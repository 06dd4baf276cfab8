-- ===== src/IntegerLaws.antt =====
-- The integers keep the laws of finite doubles that the input mapping relies on.
use aylink_extra.Prelude.{◌≡◌, refl, arith, true}
use aylink_extra.Prelude.Int.{ℤ, pos, negsuc, min_ℤ, max_ℤ, leb_ℤ}
use aylink_extra.Integers.{integers}
use aylink_extra.Mapping.UnitSquare.{OrderLaws}

leb_max : (a b : ℤ) → leb_ℤ a (max_ℤ a b) ≡ true
leb_max (pos a) (pos b) = ground arith
leb_max (pos a) (negsuc b) = ground arith
leb_max (negsuc a) (pos b) = ground arith
leb_max (negsuc a) (negsuc b) = ground arith

min_leb : (a b : ℤ) → leb_ℤ (min_ℤ a b) a ≡ true
min_leb (pos a) (pos b) = ground arith
min_leb (pos a) (negsuc b) = ground arith
min_leb (negsuc a) (pos b) = ground arith
min_leb (negsuc a) (negsuc b) = ground arith

max_leb : (a b c : ℤ) → leb_ℤ a c ≡ true → leb_ℤ b c ≡ true → leb_ℤ (max_ℤ a b) c ≡ true
max_leb a b c h k = ground arith

pub integers-OrderLaws : OrderLaws integers
integers-OrderLaws = record {
  zero_is_finite = refl;
  one_is_finite = refl;
  least_is_finite = λ a b h k. refl;
  le_greatest = λ a b h k. leb_max a b;
  least_le = λ a b h k. min_leb a b;
  greatest_le = λ a b c h k. max_leb a b c h k;
  zero_le_zero = refl;
  zero_le_one = refl;
}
- - - - -
Task statement: Write out each line of the data above again, exactly as given.

Solution to this problem:
repository 06dd4baf276cfab8
-- ===== src/IntegerLaws.antt =====
-- The integers keep the laws of finite doubles that the input mapping relies on.
use aylink_extra.Prelude.{◌≡◌, refl, arith, true}
use aylink_extra.Prelude.Int.{ℤ, pos, negsuc, min_ℤ, max_ℤ, leb_ℤ}
use aylink_extra.Integers.{integers}
use aylink_extra.Mapping.UnitSquare.{OrderLaws}

leb_max : (a b : ℤ) → leb_ℤ a (max_ℤ a b) ≡ true
leb_max (pos a) (pos b) = ground arith
leb_max (pos a) (negsuc b) = ground arith
leb_max (negsuc a) (pos b) = ground arith
leb_max (negsuc a) (negsuc b) = ground arith

min_leb : (a b : ℤ) → leb_ℤ (min_ℤ a b) a ≡ true
min_leb (pos a) (pos b) = ground arith
min_leb (pos a) (negsuc b) = ground arith
min_leb (negsuc a) (pos b) = ground arith
min_leb (negsuc a) (negsuc b) = ground arith

max_leb : (a b c : ℤ) → leb_ℤ a c ≡ true → leb_ℤ b c ≡ true → leb_ℤ (max_ℤ a b) c ≡ true
max_leb a b c h k = ground arith

pub integers-OrderLaws : OrderLaws integers
integers-OrderLaws = record {
  zero_is_finite = refl;
  one_is_finite = refl;
  least_is_finite = λ a b h k. refl;
  le_greatest = λ a b h k. leb_max a b;
  least_le = λ a b h k. min_leb a b;
  greatest_le = λ a b c h k. max_leb a b c h k;
  zero_le_zero = refl;
  zero_le_one = refl;
}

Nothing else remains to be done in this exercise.